■ **TASK DETAILS**:
Gather all lines in the entries that include the word "tests".

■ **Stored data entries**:
----------

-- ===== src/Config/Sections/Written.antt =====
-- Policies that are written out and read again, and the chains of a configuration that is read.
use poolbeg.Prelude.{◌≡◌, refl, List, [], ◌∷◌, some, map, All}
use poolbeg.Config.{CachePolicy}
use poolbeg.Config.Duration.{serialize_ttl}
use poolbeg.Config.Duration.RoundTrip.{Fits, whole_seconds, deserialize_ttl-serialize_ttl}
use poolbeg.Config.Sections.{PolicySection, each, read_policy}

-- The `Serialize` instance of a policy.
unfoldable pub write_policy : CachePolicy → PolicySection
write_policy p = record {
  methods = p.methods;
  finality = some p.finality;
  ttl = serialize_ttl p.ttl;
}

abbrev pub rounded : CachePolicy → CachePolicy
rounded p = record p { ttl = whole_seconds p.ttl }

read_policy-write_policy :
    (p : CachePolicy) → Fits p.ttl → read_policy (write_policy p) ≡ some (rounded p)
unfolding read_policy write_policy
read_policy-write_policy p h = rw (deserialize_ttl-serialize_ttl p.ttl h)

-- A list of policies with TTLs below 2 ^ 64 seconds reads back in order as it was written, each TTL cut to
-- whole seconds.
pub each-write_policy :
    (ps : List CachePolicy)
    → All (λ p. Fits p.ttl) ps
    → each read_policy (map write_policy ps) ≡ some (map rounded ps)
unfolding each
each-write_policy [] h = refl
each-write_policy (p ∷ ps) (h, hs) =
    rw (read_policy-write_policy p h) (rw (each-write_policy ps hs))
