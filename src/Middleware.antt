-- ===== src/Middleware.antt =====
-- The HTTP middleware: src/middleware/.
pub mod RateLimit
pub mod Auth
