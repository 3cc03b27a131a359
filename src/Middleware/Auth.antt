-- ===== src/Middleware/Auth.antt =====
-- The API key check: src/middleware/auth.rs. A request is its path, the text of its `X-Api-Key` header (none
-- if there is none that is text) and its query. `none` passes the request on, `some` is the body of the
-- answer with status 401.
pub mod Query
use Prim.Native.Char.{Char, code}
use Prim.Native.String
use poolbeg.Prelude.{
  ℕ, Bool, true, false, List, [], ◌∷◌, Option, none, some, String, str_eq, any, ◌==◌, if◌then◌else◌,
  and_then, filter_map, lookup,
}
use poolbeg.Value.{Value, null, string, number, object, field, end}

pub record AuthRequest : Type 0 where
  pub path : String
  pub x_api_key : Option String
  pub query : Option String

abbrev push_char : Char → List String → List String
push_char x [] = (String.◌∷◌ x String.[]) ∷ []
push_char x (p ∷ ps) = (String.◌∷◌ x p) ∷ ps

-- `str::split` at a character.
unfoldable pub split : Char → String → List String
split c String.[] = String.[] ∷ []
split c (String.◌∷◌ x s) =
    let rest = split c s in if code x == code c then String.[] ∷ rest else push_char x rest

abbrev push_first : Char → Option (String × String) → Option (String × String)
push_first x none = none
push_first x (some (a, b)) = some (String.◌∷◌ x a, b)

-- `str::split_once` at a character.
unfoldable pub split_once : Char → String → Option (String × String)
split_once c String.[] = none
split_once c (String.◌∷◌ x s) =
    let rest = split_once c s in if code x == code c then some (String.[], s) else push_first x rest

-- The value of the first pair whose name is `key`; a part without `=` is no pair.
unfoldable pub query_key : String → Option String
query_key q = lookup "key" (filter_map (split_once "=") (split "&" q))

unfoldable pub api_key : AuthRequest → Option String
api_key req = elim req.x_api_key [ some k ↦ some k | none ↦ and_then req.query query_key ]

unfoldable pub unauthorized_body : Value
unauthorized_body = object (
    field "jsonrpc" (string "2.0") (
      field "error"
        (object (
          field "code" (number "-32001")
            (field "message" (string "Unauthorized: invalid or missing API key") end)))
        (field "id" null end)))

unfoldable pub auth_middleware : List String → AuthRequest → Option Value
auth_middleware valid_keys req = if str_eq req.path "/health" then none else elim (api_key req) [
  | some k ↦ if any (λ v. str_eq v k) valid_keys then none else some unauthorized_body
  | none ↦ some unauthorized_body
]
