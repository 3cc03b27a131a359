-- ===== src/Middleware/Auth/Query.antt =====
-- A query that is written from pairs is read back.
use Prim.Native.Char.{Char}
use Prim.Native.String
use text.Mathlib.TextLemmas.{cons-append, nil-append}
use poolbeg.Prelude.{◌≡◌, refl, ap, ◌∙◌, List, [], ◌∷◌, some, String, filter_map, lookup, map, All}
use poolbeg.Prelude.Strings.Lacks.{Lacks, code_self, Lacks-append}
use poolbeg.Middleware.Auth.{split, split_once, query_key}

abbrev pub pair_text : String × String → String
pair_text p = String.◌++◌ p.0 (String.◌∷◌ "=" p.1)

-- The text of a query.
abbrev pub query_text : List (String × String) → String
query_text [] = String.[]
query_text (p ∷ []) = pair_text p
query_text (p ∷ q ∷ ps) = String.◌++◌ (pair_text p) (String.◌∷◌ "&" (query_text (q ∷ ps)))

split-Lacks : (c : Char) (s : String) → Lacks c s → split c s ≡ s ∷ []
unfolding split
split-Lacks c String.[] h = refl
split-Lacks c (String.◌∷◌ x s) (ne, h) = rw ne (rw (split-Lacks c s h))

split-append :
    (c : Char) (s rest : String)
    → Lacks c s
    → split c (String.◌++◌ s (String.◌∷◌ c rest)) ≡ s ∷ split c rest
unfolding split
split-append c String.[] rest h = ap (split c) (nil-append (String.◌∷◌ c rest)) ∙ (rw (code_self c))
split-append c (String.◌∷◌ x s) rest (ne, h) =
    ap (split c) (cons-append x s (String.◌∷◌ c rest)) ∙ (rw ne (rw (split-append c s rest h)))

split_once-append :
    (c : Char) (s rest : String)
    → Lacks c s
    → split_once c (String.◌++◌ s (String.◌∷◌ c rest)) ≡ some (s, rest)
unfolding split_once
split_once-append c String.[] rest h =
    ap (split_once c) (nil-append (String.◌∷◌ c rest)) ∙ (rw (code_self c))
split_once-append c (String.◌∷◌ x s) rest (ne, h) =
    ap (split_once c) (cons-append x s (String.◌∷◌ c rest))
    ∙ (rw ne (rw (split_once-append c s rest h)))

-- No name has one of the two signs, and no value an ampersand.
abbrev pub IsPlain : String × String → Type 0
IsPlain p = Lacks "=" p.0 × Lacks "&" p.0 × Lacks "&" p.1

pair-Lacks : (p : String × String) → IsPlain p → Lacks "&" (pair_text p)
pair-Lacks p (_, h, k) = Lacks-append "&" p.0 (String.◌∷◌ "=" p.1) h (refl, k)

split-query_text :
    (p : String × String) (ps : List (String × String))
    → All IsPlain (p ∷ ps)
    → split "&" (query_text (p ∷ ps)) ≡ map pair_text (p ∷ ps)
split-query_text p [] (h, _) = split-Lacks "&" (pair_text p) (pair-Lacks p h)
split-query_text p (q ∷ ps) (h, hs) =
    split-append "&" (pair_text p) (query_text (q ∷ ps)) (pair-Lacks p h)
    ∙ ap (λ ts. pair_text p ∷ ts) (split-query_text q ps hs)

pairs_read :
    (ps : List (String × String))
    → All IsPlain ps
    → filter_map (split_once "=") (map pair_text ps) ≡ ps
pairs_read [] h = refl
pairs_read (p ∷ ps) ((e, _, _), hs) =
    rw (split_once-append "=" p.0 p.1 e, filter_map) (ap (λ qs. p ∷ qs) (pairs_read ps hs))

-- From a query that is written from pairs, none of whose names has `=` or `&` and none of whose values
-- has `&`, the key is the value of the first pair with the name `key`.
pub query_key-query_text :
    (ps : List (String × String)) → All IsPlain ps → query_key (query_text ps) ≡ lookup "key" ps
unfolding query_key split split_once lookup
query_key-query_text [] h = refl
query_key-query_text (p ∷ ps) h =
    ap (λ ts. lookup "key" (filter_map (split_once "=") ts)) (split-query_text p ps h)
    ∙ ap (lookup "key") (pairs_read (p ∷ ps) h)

----------

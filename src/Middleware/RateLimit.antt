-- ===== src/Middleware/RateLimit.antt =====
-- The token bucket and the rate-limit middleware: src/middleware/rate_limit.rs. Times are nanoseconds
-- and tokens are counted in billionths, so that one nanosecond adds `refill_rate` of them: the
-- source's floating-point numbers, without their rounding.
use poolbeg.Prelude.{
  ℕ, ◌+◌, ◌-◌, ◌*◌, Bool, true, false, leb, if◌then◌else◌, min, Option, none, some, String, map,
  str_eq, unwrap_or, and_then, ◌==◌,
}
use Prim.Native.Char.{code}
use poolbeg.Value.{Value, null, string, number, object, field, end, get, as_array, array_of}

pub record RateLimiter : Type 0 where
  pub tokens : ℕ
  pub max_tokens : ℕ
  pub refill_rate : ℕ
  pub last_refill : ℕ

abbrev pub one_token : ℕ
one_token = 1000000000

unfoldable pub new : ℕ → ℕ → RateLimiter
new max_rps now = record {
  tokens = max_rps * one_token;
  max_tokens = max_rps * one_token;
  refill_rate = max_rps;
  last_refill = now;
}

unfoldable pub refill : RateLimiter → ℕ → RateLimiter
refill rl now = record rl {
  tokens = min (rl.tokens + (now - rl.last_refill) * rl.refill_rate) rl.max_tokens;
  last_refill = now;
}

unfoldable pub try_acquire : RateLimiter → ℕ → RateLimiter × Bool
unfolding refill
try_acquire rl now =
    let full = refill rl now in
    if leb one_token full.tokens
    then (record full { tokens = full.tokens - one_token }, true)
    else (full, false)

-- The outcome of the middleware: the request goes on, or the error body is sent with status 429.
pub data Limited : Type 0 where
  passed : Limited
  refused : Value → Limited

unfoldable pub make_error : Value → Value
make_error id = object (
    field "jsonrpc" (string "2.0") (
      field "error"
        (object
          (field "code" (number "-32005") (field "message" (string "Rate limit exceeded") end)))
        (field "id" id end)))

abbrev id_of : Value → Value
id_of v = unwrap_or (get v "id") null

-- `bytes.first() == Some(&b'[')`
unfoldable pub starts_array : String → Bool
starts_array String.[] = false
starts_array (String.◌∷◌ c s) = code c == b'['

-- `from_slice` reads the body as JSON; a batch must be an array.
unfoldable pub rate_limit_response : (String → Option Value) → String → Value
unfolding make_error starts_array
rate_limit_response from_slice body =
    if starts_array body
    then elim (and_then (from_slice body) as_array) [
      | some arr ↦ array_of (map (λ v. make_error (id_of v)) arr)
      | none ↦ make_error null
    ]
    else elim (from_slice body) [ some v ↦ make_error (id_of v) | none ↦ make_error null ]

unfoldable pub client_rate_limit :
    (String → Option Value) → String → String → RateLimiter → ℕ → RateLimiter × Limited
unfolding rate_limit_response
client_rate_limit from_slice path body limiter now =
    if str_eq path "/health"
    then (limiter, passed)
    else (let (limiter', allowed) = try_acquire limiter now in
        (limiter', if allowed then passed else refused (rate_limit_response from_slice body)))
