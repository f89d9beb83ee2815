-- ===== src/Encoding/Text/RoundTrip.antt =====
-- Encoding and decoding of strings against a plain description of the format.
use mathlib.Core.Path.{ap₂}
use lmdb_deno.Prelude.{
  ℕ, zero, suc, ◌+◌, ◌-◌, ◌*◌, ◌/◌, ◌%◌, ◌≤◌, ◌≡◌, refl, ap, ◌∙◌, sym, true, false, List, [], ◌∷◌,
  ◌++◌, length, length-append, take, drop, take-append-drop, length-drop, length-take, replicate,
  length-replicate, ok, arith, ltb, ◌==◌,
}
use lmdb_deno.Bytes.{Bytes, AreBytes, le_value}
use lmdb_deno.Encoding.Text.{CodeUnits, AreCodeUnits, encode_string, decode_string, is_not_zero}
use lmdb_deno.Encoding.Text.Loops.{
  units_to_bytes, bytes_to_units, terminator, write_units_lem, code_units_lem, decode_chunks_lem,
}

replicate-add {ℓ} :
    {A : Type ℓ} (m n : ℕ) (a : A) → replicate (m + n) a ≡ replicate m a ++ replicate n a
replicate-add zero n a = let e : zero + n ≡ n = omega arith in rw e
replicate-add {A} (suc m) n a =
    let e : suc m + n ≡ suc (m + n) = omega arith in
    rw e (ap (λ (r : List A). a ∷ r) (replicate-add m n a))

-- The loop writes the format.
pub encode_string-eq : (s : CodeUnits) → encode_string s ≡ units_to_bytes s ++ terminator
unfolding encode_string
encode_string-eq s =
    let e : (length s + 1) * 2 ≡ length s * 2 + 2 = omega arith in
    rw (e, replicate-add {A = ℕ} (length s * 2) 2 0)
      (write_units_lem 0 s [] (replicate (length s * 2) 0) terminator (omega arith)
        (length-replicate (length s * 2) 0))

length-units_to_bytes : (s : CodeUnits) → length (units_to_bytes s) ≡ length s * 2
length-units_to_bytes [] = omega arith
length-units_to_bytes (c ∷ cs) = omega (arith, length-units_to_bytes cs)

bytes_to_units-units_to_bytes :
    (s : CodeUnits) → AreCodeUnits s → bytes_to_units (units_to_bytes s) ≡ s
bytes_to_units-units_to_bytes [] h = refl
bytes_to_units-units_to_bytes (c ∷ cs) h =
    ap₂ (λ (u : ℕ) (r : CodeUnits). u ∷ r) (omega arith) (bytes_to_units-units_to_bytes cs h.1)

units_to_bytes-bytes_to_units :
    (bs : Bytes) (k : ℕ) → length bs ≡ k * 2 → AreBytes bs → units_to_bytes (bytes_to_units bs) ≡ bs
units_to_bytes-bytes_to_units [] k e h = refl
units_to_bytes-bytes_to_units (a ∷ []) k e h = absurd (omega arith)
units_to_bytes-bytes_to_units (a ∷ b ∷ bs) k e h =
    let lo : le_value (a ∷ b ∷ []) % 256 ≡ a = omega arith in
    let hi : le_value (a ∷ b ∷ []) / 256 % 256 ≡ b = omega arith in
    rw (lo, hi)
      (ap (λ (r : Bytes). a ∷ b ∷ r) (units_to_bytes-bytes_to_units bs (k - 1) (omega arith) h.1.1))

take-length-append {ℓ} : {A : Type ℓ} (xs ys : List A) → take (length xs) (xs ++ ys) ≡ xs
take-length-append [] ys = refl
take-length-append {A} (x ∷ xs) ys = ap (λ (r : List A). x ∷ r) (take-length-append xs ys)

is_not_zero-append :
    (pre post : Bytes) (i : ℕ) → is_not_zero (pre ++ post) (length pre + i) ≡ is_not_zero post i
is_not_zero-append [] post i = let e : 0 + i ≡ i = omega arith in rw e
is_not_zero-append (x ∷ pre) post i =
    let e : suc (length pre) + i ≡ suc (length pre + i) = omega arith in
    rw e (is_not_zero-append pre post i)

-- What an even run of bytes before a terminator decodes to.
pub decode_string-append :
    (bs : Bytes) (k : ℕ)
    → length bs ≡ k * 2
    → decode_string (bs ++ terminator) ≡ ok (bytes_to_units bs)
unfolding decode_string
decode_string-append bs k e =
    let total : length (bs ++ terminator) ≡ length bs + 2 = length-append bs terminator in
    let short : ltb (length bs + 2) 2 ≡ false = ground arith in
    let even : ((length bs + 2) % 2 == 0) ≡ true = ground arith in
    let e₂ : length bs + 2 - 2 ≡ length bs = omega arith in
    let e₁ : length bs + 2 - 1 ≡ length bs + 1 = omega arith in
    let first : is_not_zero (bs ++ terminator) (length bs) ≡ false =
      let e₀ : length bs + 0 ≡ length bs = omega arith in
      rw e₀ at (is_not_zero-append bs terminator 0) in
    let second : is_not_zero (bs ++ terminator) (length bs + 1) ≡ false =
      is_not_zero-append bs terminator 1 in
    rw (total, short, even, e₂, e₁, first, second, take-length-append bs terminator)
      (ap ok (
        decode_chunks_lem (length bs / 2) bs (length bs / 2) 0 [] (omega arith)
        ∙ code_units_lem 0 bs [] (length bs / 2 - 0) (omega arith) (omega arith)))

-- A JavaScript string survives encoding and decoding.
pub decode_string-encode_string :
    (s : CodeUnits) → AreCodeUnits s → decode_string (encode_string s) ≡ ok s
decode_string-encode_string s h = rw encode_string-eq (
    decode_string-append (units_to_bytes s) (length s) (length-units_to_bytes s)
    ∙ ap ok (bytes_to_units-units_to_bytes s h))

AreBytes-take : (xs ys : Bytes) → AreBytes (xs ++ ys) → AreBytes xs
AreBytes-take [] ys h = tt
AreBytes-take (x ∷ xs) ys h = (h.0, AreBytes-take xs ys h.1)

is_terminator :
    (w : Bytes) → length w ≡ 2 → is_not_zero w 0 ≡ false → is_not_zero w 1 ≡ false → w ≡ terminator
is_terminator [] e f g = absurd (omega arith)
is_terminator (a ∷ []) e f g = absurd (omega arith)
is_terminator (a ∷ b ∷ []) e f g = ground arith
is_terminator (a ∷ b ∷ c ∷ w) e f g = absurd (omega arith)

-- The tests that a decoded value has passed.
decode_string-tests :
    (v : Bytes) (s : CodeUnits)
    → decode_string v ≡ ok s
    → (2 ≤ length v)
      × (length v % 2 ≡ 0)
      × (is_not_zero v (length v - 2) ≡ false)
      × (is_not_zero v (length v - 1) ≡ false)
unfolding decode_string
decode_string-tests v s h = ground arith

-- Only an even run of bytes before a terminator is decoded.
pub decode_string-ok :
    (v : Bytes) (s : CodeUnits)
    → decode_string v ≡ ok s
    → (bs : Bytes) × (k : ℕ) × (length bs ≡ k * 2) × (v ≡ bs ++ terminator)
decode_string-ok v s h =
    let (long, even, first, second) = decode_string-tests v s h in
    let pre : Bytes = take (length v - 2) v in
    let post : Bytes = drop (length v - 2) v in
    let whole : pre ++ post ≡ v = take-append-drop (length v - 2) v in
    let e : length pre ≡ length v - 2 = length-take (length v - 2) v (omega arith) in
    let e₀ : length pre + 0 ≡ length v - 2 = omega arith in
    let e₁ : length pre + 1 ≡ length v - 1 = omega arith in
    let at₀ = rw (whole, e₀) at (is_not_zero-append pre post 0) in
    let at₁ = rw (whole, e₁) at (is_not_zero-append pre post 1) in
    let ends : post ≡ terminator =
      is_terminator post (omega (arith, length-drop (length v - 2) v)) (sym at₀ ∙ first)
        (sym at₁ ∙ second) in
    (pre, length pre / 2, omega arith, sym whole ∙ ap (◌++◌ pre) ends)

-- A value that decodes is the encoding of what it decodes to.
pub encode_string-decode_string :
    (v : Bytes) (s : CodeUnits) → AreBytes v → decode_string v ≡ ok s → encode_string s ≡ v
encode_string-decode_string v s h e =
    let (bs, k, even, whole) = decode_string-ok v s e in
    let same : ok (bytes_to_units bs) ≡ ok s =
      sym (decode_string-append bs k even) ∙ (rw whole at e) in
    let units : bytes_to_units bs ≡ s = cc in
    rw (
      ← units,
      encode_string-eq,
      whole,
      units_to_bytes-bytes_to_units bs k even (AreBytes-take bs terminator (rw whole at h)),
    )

----------

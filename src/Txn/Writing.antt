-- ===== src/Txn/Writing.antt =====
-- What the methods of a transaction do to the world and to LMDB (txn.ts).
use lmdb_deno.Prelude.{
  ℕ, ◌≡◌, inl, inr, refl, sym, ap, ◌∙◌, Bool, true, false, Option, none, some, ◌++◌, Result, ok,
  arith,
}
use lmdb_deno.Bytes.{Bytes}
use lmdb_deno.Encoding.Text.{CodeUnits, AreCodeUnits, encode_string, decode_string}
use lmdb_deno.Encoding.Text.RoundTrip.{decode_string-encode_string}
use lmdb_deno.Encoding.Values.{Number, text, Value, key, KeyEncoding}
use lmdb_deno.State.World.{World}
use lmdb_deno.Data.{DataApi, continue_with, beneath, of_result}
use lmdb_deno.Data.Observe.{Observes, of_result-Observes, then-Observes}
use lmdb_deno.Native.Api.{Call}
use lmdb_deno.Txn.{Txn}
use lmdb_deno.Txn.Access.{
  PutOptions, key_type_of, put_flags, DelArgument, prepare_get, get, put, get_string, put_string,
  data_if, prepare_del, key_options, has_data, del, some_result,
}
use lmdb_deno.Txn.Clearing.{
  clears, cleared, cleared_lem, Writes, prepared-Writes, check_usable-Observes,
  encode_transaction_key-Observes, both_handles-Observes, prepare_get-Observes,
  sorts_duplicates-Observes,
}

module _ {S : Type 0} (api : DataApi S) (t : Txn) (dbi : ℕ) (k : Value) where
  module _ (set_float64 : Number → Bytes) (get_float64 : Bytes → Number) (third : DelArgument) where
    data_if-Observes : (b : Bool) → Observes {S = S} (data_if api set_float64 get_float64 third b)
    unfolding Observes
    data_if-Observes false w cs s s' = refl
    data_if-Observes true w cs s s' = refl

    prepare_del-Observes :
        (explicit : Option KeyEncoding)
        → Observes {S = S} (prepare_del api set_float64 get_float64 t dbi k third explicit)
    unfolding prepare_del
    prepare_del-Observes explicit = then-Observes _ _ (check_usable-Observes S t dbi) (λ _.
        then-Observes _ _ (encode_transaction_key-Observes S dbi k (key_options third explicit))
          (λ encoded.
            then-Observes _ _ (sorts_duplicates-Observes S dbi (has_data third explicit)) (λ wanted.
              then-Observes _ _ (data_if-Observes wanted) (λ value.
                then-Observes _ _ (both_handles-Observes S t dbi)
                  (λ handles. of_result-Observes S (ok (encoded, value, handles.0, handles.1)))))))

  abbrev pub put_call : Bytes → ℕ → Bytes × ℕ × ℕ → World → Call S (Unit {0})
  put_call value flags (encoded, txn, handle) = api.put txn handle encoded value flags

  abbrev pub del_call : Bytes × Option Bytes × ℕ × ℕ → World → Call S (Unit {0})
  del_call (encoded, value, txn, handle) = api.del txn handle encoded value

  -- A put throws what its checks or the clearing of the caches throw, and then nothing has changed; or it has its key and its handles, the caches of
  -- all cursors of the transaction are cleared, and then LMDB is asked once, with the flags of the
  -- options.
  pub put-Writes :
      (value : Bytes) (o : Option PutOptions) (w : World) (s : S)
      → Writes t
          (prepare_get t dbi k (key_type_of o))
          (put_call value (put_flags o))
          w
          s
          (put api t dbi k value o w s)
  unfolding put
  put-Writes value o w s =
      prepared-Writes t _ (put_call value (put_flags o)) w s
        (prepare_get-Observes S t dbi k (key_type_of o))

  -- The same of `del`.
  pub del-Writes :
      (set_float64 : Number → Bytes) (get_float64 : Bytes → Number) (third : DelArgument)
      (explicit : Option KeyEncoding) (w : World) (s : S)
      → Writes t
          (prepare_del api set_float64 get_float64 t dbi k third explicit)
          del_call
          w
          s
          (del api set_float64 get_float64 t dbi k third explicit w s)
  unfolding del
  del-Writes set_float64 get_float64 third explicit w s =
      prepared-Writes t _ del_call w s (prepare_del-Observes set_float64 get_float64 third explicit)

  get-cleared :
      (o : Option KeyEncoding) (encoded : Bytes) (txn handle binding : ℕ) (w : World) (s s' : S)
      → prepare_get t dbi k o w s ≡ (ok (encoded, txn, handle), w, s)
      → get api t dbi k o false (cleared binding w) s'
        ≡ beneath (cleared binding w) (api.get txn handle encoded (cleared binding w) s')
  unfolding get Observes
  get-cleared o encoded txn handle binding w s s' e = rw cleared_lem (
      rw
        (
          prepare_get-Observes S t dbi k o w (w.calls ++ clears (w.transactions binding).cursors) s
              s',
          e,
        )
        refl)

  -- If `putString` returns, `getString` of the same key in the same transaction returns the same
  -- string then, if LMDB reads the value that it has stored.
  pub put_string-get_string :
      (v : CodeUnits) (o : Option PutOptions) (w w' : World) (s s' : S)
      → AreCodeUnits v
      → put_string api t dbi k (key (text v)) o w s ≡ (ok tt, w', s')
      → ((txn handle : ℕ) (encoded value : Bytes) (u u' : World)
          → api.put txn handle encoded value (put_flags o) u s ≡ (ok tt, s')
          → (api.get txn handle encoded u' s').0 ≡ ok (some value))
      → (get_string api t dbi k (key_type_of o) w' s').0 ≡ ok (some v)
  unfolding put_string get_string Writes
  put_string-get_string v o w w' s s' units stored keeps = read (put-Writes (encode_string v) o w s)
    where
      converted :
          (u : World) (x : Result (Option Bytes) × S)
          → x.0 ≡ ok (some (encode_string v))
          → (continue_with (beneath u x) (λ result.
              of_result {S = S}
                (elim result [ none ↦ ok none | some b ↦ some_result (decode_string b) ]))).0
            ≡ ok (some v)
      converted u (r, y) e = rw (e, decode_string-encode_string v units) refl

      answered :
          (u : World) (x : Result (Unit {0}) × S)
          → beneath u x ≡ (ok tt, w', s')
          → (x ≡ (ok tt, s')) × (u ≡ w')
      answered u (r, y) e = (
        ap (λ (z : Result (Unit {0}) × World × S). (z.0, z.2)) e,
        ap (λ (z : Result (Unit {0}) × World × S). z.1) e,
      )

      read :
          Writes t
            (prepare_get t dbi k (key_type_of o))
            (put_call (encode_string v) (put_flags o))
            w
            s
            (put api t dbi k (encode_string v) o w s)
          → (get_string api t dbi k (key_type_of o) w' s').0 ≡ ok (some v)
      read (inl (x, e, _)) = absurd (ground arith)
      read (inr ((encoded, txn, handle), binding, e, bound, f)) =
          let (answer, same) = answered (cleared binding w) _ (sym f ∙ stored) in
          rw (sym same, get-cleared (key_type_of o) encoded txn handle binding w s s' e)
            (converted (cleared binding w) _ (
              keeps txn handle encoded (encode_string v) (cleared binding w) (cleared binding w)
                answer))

----------

■ **EXPECTED ANSWER**:
-- The tests that a decoded value has passed.
decode_string-tests :
decode_string-tests v s h = ground arith
    let (long, even, first, second) = decode_string-tests v s h in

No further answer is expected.